Atlantic Yards Passes State’s Top Court [Updated]
Eliot Brown Nov. 24, 2009, 10:04 a.m.
More than three years after a legal battle over property takings in Brooklyn began, it’s now come to a close.
New York’s highest court issued a ruling Tuesday morning that upholds the state’s use of eminent domain in the $4.9 billion Atlantic Yards project, planned home of 15 apartment towers and a new basketball arena for the Nets.
Now the state, at the request of the project’s developer, Forest City Ratner, is likely to move forward on acquiring the property of the holdout landowners and tenants, a relatively small handful of individuals who have been waging this legal fight since 2006. The takings, and the project as a whole, depend on Forest City hit Dec. 31 deadline to get financing for the arena.
The 6-1 decision by the Court of Appeals, written by Chief Judge Jonathan Lippman, found that the state was indeed within its rights to use eminent domain, as the threshold for “blight” in the area being taken–a few blocks in Prospect Heights that, generally speaking, do not look blighted by the common use of the word–allows it.

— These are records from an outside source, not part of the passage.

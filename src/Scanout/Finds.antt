-- ===== src/Scanout/Finds.antt =====
-- Finding a surface's entry of src/scanout.rs, after entries were dropped and added.
use ihs_wl_server.Prelude.{
  ℕ, ◌+◌, ◌≤◌, ◌≡◌, refl, ap, ◌∙◌, inl, inr, Bool, true, false, not, ◌&&◌, List, [], ◌∷◌, ◌++◌,
  Option, none, some, ◌==◌, if◌then◌else◌, retain, any, contains, lookup, option_map, arith, ==_iff,
  Bool-cases, lookup-modify,
}
use ihs_wl_server.Scanout.{Hinted, Scanout, find_hinted, set_feedback, forget_each, tell}

gone_same :
    (gone : List ℕ) (r s : ℕ) → (r == s) ≡ true → contains gone s ≡ false → contains gone r ≡ false
gone_same gone r s e h =
    let same : r ≡ s = ground (arith, e, ==_iff r s) in ap (contains gone) same ∙ h

module _ {F : Type 0} where
  abbrev pub entries : ℕ → List (Hinted F) → ℕ
  entries s [] = 0
  entries s (e ∷ es) = (if e.surface == s then 1 else 0) + entries s es

  abbrev pub orelse : Option F → Option F → Option F
  orelse none b = b
  orelse (some a) b = some a

  pub find-append :
      (s : ℕ) (left right : List (Hinted F))
      → find_hinted s (left ++ right) ≡ orelse (find_hinted s left) (find_hinted s right)
  find-append s [] right = refl
  find-append s (e ∷ left) right = ground (arith, find-append s left right)

  pub entries-append :
      (s : ℕ) (left right : List (Hinted F))
      → entries s (left ++ right) ≡ entries s left + entries s right
  entries-append s [] right = omega arith
  entries-append s (e ∷ left) right = omega (arith, entries-append s left right)

  pub find-none : (s : ℕ) (es : List (Hinted F)) → entries s es ≡ 0 → find_hinted s es ≡ none
  find-none s [] h = refl
  find-none s (e ∷ es) h = ground (arith, find-none s es, h)

  pub entries-retain-le :
      (s : ℕ) (p : Hinted F → Bool) (es : List (Hinted F)) → entries s (retain p es) ≤ entries s es
  entries-retain-le s p [] = omega arith
  entries-retain-le s p (e ∷ es) = ground (arith, entries-retain-le s p es)

  -- A surface that is not gone is found whether or not those that are gone are kept.
  pub find-alive :
      (s : ℕ) (gone : List ℕ) (es : List (Hinted F))
      → contains gone s ≡ false
      → find_hinted s (retain (λ (e : Hinted F). not (contains gone e.surface)) es)
        ≡ find_hinted s es
  find-alive s gone [] h = refl
  find-alive s gone (e ∷ es) h = elim (Bool-cases (e.surface == s)) [
    | inl eq ↦ let same = gone_same gone e.surface s eq h in ground (arith, eq, same)
    | inr eq ↦ ground (arith, eq, find-alive s gone es h)
  ]

  pub find-kept :
      (s t : ℕ) (gone : List ℕ) (es : List (Hinted F))
      → contains gone s ≡ false
      → find_hinted s
          (retain (λ (e : Hinted F). not (contains gone e.surface) && not (e.surface == t)) es)
        ≡ (if t == s then none else find_hinted s es)
  find-kept s t gone [] h = ground arith
  find-kept s t gone (e ∷ es) h = elim (Bool-cases (e.surface == s)) [
    | inl eq ↦
        let same = gone_same gone e.surface s eq h in
        ground (
          arith,
          eq,
          same,
          find-kept s t gone es h,
          ==_iff e.surface s,
          ==_iff t s,
          ==_iff e.surface t,
        )
    | inr eq ↦ ground (arith, eq, find-kept s t gone es h)
  ]

  pub entries-kept :
      (t : ℕ) (gone : List ℕ) (es : List (Hinted F))
      → entries t
          (retain (λ (e : Hinted F). not (contains gone e.surface) && not (e.surface == t)) es)
        ≡ 0
  entries-kept t gone [] = refl
  entries-kept t gone (e ∷ es) = ground (arith, entries-kept t gone es)

  abbrev pub in_view : (s view : ℕ) → Hinted F → Bool
  in_view s view e = e.surface == s && e.view == view

  abbrev pub elsewhere : (view : ℕ) → Hinted F → Bool
  elsewhere view e = not (e.view == view)

  none-in_view :
      (s view : ℕ) (es : List (Hinted F)) → entries s es ≡ 0 → any (in_view s view) es ≡ false
  none-in_view s view [] h = refl
  none-in_view s view (e ∷ es) h = ground (arith, none-in_view s view es, h)

  pub find-elsewhere :
      (s view : ℕ) (es : List (Hinted F))
      → entries s es ≤ 1
      → find_hinted s (retain (elsewhere view) es)
        ≡ (if any (in_view s view) es then none else find_hinted s es)
  find-elsewhere s view [] h = refl
  find-elsewhere s view (e ∷ es) h = elim (Bool-cases (e.surface == s)) [
    | inl eq ↦
        let only : entries s es ≡ 0 = ground (arith, eq, h) in
        ground (
          arith,
          eq,
          none-in_view s view es only,
          find-elsewhere s view es (omega (arith, only)),
          find-none s es only,
        )
    | inr eq ↦ ground (arith, eq, find-elsewhere s view es (ground (arith, eq, h)))
  ]

  module _ (d : F) (view : ℕ) where
    pub forget_each-hinted :
        (es : List (Hinted F)) (w : Scanout F)
        → (forget_each d view es w).hinted ≡ retain (elsewhere view) es
    unfolding forget_each
    forget_each-hinted [] w = refl
    forget_each-hinted (e ∷ es) w =
        let told =
          if e.view == view && not (contains w.gone e.surface)
          then set_feedback e.surface d w
          else w in
        ground (arith, forget_each-hinted es told)

    pub forget_each-last :
        (es : List (Hinted F)) (w : Scanout F) → (forget_each d view es w).last ≡ w.last
    unfolding forget_each
    forget_each-last [] w = refl
    forget_each-last (e ∷ es) w =
        let told =
          if e.view == view && not (contains w.gone e.surface)
          then set_feedback e.surface d w
          else w in
        ground (arith, forget_each-last es told)

    pub forget_each-gone :
        (es : List (Hinted F)) (w : Scanout F) → (forget_each d view es w).gone ≡ w.gone
    unfolding forget_each
    forget_each-gone [] w = refl
    forget_each-gone (e ∷ es) w =
        let told =
          if e.view == view && not (contains w.gone e.surface)
          then set_feedback e.surface d w
          else w in
        ground (arith, forget_each-gone es told)

    tell-told :
        (s : ℕ) (e : Hinted F) (w : Scanout F)
        → contains w.gone s ≡ false
        → lookup s (tell d view e w).told
          ≡ (if in_view s view e then option_map (λ f. d) (lookup s w.told) else lookup s w.told)
    tell-told s e w h = elim (Bool-cases (e.surface == s)) [
      | inl eq ↦
          ground (
            arith,
            eq,
            gone_same w.gone e.surface s eq h,
            lookup-modify s e.surface (λ f. d) w.told,
          )
      | inr eq ↦ ground (arith, eq, lookup-modify s e.surface (λ f. d) w.told)
    ]

    option_map-again :
        (o : Option F) → option_map (λ f. d) (option_map (λ f. d) o) ≡ option_map (λ f. d) o
    option_map-again none = refl
    option_map-again (some f) = refl

    pub forget_each-told :
        (s : ℕ) (es : List (Hinted F)) (w : Scanout F)
        → contains w.gone s ≡ false
        → lookup s (forget_each d view es w).told ≡ (
            if any (in_view s view) es
            then option_map (λ f. d) (lookup s w.told)
            else lookup s w.told)
    unfolding forget_each
    forget_each-told s [] w h = refl
    forget_each-told s (e ∷ es) w h =
        let alive : contains (tell d view e w).gone s ≡ false = ground (arith, h) in
        ground (
          arith,
          forget_each-told s es (tell d view e w) alive,
          tell-told s e w h,
          option_map-again (lookup s w.told),
        )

“The Constitution accords government broad power to take and clear substandard and insanitary areas for redevelopment,” Mr. Lippman wrote. “In so doing, it commensurately deprives the Judiciary of grounds to interfere with the exercise.”
New York is one of just a handful of states that did not add restrictions to the use of eminent domain after the Kelo v. New London case of 2005. That case has made the news once again recently, as Pfizer, which built a facility in New London, Ct. that helped spur the city’s use of eminent domain, is pulling out of the area. A large development site near the drug giant’s facility still sits vacant.
The landowners and tenants on the suit began the case in federal court in October 2006, appealing it up to the U.S. Supreme Court–which declined to hear the case–and then they brought the case in state court, first at the appellate level, and then to the Court of Appeals. They have lost every challenge.
“Our commitment to the entire project is as strong today as when we started six years ago,” Forest City chairman Bruce Ratner said in a statement. “Today, however, this project is even more important given the need for jobs and economic development.”
Mr. Ratner faces perhaps a more daunting set of challenges before the year’s end, most of which are financial. He must get about $700 million in bonds for the Nets arena rated by credit agencies, likely this week. He then must find buyers for those bonds, and close on a set of govenrment agreements, all before Dec. 31.
There are also another set of outstanding lawsuits, mostly challenging the re-approval of the project. Earlier this year, Forest City delayed much of the project on account of the economy, and scaled back the size of the arena, dropping architect Frank Gehry, who was used as a key selling point to the public before the project was first approved.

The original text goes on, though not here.